• [HOW TO COMPLETE THIS TASK] Once you reach the line that holds "inl e ↦ simp (e, any-change_email" in the listing below, output it and every line after it through the line that holds "any-or p q (u", word for word.

Top of EXTRACTED ENTRIES

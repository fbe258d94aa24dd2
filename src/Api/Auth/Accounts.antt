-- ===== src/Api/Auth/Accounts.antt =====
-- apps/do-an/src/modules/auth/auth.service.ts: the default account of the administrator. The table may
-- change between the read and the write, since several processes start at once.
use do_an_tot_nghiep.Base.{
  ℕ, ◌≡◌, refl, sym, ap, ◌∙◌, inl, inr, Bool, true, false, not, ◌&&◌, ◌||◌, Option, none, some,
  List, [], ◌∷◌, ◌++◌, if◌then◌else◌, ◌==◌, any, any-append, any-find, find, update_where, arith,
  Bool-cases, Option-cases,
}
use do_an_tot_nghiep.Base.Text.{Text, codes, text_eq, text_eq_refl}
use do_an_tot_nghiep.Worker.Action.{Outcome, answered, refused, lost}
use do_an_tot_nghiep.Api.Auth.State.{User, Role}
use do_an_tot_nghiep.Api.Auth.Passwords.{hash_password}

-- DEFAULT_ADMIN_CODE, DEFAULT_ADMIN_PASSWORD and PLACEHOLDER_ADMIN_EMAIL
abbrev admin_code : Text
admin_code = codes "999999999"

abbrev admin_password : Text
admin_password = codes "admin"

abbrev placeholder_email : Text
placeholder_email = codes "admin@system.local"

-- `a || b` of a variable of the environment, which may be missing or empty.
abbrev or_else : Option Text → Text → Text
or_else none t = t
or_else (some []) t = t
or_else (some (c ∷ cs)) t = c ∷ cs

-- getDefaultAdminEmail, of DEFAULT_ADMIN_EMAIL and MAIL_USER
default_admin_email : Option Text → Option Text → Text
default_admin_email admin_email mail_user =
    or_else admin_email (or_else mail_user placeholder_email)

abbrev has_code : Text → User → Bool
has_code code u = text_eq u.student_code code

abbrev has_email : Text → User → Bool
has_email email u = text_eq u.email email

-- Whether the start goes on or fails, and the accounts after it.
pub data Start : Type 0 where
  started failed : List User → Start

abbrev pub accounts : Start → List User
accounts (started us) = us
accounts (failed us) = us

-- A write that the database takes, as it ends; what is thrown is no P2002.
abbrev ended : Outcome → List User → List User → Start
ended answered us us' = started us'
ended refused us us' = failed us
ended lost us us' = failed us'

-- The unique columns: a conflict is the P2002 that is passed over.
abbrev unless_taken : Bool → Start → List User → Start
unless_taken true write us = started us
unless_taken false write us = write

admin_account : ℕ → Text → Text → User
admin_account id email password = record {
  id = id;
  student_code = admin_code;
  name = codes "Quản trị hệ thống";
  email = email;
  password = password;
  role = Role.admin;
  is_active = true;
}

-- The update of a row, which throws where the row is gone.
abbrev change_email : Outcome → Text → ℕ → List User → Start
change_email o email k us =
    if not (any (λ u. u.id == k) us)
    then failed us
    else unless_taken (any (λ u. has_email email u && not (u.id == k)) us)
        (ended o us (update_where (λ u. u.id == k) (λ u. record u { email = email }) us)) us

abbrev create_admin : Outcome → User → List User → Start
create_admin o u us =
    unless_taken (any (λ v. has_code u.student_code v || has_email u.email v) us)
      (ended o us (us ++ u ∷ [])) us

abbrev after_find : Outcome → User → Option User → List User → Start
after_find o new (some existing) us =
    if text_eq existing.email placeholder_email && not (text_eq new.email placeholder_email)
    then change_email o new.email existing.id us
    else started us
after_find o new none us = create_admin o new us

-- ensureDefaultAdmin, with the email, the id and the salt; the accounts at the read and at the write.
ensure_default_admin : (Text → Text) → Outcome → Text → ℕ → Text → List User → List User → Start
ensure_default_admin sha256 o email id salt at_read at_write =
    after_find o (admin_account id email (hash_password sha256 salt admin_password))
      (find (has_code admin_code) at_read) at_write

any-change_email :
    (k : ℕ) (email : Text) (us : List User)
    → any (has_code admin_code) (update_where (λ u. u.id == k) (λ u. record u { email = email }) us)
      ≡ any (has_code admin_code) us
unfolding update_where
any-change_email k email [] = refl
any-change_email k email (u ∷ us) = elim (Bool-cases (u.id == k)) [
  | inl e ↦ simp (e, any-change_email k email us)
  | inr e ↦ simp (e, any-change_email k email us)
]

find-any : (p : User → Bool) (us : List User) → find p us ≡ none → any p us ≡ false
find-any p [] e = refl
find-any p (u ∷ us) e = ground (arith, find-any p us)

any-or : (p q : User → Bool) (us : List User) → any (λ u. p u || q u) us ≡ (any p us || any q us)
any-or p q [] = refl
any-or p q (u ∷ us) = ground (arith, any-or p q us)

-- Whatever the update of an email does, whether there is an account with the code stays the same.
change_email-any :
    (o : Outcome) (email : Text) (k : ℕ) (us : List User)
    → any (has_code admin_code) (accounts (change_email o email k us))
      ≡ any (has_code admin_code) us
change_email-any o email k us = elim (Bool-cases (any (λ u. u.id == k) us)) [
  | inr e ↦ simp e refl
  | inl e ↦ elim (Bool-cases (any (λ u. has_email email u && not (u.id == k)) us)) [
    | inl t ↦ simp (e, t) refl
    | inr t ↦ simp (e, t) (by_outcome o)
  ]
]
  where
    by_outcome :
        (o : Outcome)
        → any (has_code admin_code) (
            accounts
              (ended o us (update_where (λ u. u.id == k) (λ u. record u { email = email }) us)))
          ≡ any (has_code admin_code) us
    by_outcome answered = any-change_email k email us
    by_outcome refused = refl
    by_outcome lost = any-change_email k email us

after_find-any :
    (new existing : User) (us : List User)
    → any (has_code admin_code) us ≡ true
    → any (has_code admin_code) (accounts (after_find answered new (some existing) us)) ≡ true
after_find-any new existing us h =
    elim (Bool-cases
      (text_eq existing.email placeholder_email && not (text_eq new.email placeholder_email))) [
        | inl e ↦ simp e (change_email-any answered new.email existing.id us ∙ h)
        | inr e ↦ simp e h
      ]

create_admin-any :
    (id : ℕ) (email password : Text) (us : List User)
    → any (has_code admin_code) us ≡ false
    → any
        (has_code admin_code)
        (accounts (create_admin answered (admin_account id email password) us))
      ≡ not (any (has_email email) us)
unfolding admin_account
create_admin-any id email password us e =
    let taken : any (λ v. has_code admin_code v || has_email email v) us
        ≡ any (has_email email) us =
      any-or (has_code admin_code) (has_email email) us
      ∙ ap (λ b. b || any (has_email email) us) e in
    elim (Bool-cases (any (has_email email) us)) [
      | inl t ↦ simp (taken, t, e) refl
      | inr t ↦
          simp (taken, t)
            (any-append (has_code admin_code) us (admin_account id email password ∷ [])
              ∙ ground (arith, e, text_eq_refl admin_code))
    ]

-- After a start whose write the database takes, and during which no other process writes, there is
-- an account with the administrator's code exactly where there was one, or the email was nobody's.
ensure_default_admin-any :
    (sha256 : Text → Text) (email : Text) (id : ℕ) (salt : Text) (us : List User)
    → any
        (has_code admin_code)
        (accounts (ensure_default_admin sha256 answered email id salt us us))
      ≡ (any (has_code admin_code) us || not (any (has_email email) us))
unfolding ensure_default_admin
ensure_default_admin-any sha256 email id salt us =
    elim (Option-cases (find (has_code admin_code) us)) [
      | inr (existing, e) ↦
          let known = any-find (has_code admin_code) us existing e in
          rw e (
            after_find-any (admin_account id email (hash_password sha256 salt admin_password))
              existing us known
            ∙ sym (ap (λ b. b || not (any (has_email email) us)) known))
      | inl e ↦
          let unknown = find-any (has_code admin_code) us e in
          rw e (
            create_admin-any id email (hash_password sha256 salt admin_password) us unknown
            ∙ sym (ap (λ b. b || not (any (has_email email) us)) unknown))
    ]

Bottom of EXTRACTED ENTRIES

• [TASK RESULT]
  | inl e ↦ simp (e, any-change_email k email us)
  | inr e ↦ simp (e, any-change_email k email us)
]

find-any : (p : User → Bool) (us : List User) → find p us ≡ none → any p us ≡ false
find-any p [] e = refl
find-any p (u ∷ us) e = ground (arith, find-any p us)

any-or : (p q : User → Bool) (us : List User) → any (λ u. p u || q u) us ≡ (any p us || any q us)
any-or p q [] = refl
any-or p q (u ∷ us) = ground (arith, any-or p q us)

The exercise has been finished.